_Activity:_
Your task is to repeat exactly the lines below between the line holding "is_definition_exists _ = false" and the line holding "kind = if str_eq", inclusive, and only those.

_Provided material:_
++++++
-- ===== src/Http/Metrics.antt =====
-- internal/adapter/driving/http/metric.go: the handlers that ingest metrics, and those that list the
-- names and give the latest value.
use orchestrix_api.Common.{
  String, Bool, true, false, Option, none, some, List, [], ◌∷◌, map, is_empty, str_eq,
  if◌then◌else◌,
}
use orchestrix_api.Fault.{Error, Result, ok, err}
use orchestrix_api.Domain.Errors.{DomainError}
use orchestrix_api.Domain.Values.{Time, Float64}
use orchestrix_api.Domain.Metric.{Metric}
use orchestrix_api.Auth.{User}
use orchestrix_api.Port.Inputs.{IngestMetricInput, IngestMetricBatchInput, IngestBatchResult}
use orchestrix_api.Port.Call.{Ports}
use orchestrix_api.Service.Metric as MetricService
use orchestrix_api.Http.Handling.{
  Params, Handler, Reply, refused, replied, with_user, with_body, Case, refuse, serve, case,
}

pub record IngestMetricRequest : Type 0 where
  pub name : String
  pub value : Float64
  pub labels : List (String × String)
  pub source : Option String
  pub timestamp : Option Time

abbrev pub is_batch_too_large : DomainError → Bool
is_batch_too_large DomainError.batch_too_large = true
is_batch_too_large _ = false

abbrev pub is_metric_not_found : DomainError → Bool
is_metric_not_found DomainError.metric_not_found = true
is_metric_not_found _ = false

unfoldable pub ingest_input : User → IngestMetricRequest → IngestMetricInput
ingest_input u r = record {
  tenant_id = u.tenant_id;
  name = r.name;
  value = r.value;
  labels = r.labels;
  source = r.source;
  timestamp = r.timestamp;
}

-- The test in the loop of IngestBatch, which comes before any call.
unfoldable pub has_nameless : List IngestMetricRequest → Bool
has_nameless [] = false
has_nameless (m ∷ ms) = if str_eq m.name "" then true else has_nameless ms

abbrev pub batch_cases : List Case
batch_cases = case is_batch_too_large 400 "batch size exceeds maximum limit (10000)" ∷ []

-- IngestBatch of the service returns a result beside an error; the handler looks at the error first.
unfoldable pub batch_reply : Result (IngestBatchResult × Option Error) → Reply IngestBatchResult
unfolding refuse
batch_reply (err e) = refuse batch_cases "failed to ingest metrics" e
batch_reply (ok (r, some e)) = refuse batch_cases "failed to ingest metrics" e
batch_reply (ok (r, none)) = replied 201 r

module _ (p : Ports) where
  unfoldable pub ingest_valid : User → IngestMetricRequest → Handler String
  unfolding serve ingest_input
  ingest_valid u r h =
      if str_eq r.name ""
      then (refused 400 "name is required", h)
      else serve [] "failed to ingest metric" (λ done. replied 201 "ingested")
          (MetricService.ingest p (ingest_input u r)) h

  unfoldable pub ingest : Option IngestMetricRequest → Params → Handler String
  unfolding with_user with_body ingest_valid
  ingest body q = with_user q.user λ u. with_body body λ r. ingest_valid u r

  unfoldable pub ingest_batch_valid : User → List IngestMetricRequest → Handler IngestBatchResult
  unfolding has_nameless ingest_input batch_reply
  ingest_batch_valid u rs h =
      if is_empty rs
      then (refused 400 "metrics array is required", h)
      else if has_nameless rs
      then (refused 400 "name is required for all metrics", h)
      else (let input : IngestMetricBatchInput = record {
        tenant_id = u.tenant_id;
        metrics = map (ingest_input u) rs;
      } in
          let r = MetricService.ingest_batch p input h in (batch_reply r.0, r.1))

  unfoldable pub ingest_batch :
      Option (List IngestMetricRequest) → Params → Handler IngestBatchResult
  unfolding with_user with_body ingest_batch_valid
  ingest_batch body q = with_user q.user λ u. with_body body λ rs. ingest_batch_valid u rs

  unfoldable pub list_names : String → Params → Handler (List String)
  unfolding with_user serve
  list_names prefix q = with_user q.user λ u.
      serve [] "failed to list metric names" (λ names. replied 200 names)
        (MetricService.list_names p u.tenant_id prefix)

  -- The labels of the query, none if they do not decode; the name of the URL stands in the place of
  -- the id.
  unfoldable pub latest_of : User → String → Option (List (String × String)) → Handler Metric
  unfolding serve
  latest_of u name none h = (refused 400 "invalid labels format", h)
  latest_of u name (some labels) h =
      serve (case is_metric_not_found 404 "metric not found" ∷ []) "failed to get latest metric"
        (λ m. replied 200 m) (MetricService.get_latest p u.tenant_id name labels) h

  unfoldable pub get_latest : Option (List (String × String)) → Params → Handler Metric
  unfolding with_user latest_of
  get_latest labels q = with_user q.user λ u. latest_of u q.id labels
++++++
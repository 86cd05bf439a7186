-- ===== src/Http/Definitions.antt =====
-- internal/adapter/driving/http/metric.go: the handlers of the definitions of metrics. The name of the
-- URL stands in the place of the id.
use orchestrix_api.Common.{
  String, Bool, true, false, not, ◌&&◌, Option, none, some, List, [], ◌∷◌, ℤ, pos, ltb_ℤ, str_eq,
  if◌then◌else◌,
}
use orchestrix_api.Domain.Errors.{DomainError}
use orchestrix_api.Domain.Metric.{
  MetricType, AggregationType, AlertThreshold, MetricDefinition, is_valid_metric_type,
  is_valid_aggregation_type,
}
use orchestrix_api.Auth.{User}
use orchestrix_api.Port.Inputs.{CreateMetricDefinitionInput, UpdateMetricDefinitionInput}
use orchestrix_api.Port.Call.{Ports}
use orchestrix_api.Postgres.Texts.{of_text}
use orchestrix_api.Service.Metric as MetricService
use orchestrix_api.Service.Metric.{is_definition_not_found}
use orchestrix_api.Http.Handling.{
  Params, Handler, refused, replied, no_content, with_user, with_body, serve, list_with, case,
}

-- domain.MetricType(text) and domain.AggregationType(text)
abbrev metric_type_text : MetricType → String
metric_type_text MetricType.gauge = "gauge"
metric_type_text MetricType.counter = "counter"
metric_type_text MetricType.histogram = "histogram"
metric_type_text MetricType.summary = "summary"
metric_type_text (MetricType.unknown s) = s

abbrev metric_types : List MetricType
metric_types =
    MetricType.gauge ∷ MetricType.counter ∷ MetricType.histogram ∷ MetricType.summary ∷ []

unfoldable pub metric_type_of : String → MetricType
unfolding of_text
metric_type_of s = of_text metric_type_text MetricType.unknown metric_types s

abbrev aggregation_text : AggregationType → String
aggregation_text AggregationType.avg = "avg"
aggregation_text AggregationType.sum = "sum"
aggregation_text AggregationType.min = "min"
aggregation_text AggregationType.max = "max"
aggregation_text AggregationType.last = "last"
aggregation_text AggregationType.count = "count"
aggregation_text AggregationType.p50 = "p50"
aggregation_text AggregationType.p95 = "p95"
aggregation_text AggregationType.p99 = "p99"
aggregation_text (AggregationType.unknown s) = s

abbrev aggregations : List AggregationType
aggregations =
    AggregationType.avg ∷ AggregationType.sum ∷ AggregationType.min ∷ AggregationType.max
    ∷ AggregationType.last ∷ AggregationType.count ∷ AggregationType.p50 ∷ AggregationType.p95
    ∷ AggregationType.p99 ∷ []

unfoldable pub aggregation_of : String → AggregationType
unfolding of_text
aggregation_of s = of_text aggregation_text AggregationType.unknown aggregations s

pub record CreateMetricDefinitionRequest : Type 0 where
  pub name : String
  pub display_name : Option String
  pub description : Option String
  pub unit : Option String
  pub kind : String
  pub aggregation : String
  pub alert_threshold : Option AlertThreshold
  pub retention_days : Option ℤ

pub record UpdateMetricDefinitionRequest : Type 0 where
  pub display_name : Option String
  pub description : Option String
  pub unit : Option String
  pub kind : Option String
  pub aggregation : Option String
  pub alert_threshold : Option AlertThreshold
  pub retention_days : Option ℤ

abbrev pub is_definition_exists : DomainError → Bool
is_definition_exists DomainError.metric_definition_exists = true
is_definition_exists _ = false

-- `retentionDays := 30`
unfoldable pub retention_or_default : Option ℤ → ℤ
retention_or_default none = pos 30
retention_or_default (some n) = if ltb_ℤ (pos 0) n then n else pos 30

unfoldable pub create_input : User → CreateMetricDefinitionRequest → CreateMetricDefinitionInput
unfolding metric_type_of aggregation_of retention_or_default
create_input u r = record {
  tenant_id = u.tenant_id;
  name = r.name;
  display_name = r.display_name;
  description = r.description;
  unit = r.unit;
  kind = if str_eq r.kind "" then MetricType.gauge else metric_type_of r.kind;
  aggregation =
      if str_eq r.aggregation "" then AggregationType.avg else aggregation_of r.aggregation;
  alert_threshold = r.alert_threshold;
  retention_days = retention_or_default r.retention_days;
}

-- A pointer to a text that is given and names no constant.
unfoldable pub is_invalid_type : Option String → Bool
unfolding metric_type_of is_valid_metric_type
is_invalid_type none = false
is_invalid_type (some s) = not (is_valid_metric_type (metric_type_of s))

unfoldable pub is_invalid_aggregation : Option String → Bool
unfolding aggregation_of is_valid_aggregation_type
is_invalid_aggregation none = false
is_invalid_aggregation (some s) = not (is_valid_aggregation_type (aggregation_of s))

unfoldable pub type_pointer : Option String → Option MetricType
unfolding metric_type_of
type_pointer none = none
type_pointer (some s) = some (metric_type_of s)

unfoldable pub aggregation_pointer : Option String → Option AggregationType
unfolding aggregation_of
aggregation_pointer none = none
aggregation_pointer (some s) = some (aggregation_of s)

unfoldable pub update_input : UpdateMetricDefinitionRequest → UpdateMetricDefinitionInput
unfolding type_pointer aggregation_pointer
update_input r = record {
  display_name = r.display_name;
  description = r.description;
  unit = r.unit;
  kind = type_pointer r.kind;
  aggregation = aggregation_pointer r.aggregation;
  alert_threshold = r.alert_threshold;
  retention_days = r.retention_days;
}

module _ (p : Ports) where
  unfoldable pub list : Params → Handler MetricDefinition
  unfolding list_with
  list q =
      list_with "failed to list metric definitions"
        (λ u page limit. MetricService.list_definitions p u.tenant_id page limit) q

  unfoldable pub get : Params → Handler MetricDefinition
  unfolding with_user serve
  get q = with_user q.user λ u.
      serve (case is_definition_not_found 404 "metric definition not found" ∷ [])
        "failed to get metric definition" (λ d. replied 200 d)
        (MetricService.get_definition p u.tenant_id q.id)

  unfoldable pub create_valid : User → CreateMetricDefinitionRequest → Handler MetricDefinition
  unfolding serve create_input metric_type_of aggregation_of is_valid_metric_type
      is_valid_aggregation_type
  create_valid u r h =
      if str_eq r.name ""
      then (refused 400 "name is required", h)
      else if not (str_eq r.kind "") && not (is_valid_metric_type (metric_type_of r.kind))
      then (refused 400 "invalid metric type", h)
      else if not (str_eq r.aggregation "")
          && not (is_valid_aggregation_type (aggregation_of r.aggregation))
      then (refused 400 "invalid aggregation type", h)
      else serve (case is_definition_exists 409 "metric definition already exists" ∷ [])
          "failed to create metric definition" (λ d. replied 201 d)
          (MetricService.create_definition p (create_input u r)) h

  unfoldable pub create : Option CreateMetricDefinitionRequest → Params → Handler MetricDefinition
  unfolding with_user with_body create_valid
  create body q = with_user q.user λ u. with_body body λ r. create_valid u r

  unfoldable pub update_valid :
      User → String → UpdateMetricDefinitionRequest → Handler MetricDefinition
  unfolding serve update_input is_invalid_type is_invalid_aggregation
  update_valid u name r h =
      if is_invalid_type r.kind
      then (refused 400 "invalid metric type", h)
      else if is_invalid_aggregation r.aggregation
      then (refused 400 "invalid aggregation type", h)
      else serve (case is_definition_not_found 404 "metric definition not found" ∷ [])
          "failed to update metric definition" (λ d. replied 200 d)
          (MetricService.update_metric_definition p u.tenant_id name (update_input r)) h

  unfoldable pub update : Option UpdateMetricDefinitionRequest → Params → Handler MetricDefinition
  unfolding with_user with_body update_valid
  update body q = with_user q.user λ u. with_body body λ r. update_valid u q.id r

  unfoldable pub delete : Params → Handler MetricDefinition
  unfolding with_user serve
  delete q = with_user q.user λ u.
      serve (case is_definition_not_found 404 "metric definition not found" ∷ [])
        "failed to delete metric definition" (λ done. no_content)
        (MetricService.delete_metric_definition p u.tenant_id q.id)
++++++
_The completed task:_
is_definition_exists _ = false

-- `retentionDays := 30`
unfoldable pub retention_or_default : Option ℤ → ℤ
retention_or_default none = pos 30
retention_or_default (some n) = if ltb_ℤ (pos 0) n then n else pos 30

unfoldable pub create_input : User → CreateMetricDefinitionRequest → CreateMetricDefinitionInput
unfolding metric_type_of aggregation_of retention_or_default
create_input u r = record {
  tenant_id = u.tenant_id;
  name = r.name;
  display_name = r.display_name;
  description = r.description;
  unit = r.unit;
  kind = if str_eq r.kind "" then MetricType.gauge else metric_type_of r.kind;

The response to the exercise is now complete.